Animal, aquatic, and cell-based studies have also reported potential biological effects associated with microplastic exposure.​ In aquatic environments, microplastics are a concern because they can be ingested by marine and freshwater organisms, and the National Oceanic and Atmospheric Administration (NOAA) notes that microplastics can be harmful to ocean and aquatic life.​ At the same time, plastics are not chemically simple materials.​ Depending on the polymer, manufacturing process, use environment, and aging history, plastic materials may contain or release plasticizers, stabilizers, antioxidants, pigments, flame retardants, residual monomers, degradation products, or other leachable substances.​ Certain plastic-associated chemicals, including some phthalates, bisphenols, and flame retardants, have been associated with endocrine disruption and other toxicological concerns in the scientific literature.​ 

For this reason, microplastics analysis is not just a question of whether plastic particles are present.​ The more important questions are often: 

  • What polymer types are present?​ 
  • How much material is present?​ 
  • What matrix was analyzed?​ 
  • How was the sample collected and handled?​ 
  • How was contamination controlled?​ 
  • How confidently can the result be interpreted?​ 

The field needs data that can support scientific decision-making based on amount, not just isolated positive or negative findings.​ 

Microplastics Are More Than a Detection Problem 

Microplastics can vary by polymer type, particle size, morphology, surface chemistry, weathering, aging history, and associated chemicals.​ A single sample may contain multiple polymer types and particle populations.​ Different analytical techniques may answer different questions.​ 

For example, a method designed to estimate polymer mass may not provide full particle count or morphology.​ A microscopy-based technique may provide information about particle shape and size, but may not offer the same level of polymer-specific mass quantitation.​ A leachables or additives method may provide chemical information about plastic-associated compounds, but that is a different analytical question than polymer identification.​ In practical terms, a workflow that performs well for a relatively clean water sample may need significant modification before it can be applied confidently to blood, tissue, packaging extracts, wastewater, or other complex matrices.​ 

This is why method selection should be driven by the question being asked.​ In some cases, the goal may be to identify and estimate the mass of specific polymers.​ In other cases, the goal may be to characterize particles, evaluate a biological matrix, investigate a contamination concern, assess extractables and leachables, or understand whether plastic-associated chemicals are present.​ 

The Role of Pyrolysis-GC/MS 

Pyrolysis-GC/MS is a powerful tool for polymer identification and mass-based microplastics analysis.​ In general terms, the technique thermally decomposes polymeric material into characteristic chemical fragments.​ Those fragments are then separated and detected by GC/MS, allowing the analyst to identify polymer-specific markers and estimate polymer mass.​ 

Recent technical literature describes Py-GC/MS as a useful approach for polymer-specific, mass-based quantification of microplastics through identification of characteristic pyrolysis products.​ This approach can be especially valuable when the analytical question involves polymer composition and mass burden.​ It can also be adapted across different sample types as part of a broader method-development workflow.​  

However, pyrolysis-GC/MS is not a complete answer to every microplastics question.​ It generally provides chemical composition and mass-based information, but it may not independently provide full information about particle number, particle morphology, or size distribution.​ In addition, sample preparation, matrix removal, contamination control, marker selection, calibration strategy, and interpretation can all influence the final result.​ 

At CA Analytical, pyrolysis–GC/MS is a key component of our broader microplastics analysis strategy. As part of ongoing workflow optimization, we continuously refine and enhance our analytical testing approach for improved efficiency and performance.  

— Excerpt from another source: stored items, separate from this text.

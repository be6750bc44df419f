-- ===== src/Cli/Traces.antt =====
-- bin/tracey_mctraceface_main.cpp: the trace that `decode_perf_data` writes, from the bytes that perf
-- script prints.
use tracey_mctraceface.Base.{◌≡◌, refl, Bool, true, false, List, [], ◌∷◌, some, Bytes}
use tracey_mctraceface.Base.Int.{is_positive}
use tracey_mctraceface.Base.Outcome.{ok}
use tracey_mctraceface.Driver.{PerfConfig, build_perf_script_args}
use tracey_mctraceface.Pipeline
use tracey_mctraceface.Process.{Answers, is_null, spawn}
use tracey_mctraceface.Process.Lines.{from_pipe}
use tracey_mctraceface.Wire.{Chunk}
use tracey_mctraceface.Cli.{Effect, writes}
use tracey_mctraceface.Cli.Does.{View, Does}
use tracey_mctraceface.Cli.Stopping.{positive-nonnegative}

abbrev written_in : Effect → List (Bytes × List Chunk)
written_in (writes path chunks) = (path, chunks) ∷ []
written_in _ = []

-- The traces that are written, with their paths.
abbrev pub written : View (Bytes × List Chunk)
written = record { select = written_in; says_nothing = λ line. refl }

-- perf script can be started, and prints `bytes`.
pub record Prints (a : Answers) (bytes : Bytes) : Type 0 where
  pub pipes : a.has_pipe ≡ true
  pub forks : is_positive a.forked ≡ true
  pub streams : a.stream ≡ some bytes

pub spawn-Prints :
    (args : List Bytes) (a : Answers) (bytes : Bytes)
    → is_null args ≡ false
    → Prints a bytes
    → (spawn args a).0 ≡ ok (from_pipe a.forked bytes)
unfolding spawn
spawn-Prints args a bytes some_args h =
    rw (some_args, h.pipes, positive-nonnegative a.forked h.forks, h.streams) refl

pub script_args-filled :
    (config : PerfConfig) (working_dir : Bytes) (is_directory : Bool)
    → is_null (build_perf_script_args config working_dir is_directory) ≡ false
unfolding build_perf_script_args
script_args-filled config working_dir is_directory = refl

Why Sample Preparation Is Often the Hardest Part 

For many microplastics workflows, sample preparation is the most important and most difficult part of the process.​ The sample must often be processed in a way that reduces matrix interference while preserving the target polymer signal.​ Depending on the sample type, this may involve digestion, filtration, centrifugation, extraction, density separation, solvent treatment, or other preparation steps.​ 

Each step introduces risks.​ A method can lose particles, introduce contamination, incompletely remove the matrix, damage the target material, or generate background signals that create uncertainty around recovery and interpretation.​ From a method-development standpoint, this is often where the real work begins.​ 

These risks become especially important for complex samples such as biological fluids, tissues, pharmaceutical materials, medical device extracts, environmental matrices, or manufacturing-related samples.​ A method that works well for a relatively clean water sample is unlikely to translate directly to blood, tissue, packaging extracts, wastewater, or other complex matrices.​ For this reason, CA Analytical is approaching microplastics analysis as a method-development and quality-control challenge, not simply as a sample-throughput exercise.​ 

Contamination Control and the Risk of False Positives 

One of the central challenges in microplastics analysis is contamination control.​ Plastic is everywhere.​ Fibers, particles, containers, tubing, gloves, wipes, clothing, air handling systems, lab surfaces, sample containers, and routine laboratory handling can all introduce artifacts if the workflow is not carefully controlled.​ 

This is especially important because recent scientific discussion has raised concerns about contamination, insufficient blanks, and false positives in some microplastics studies.​ That debate does not reduce the importance of the field.​ It reinforces the need for better methods, stronger controls, and more transparent analytical workflows.​ 

For CA Analytical, contamination control is not an afterthought, we consider this integral as soon as the sample arrives at our laboratory  Important elements that are included in our workflow include: 

  • ​Procedural blanks.​ 
  • Matrix blanks where feasible.​ 
  • Contamination-controlled sample handling.​ 
  • A result is only meaningful if the controls support the conclusion.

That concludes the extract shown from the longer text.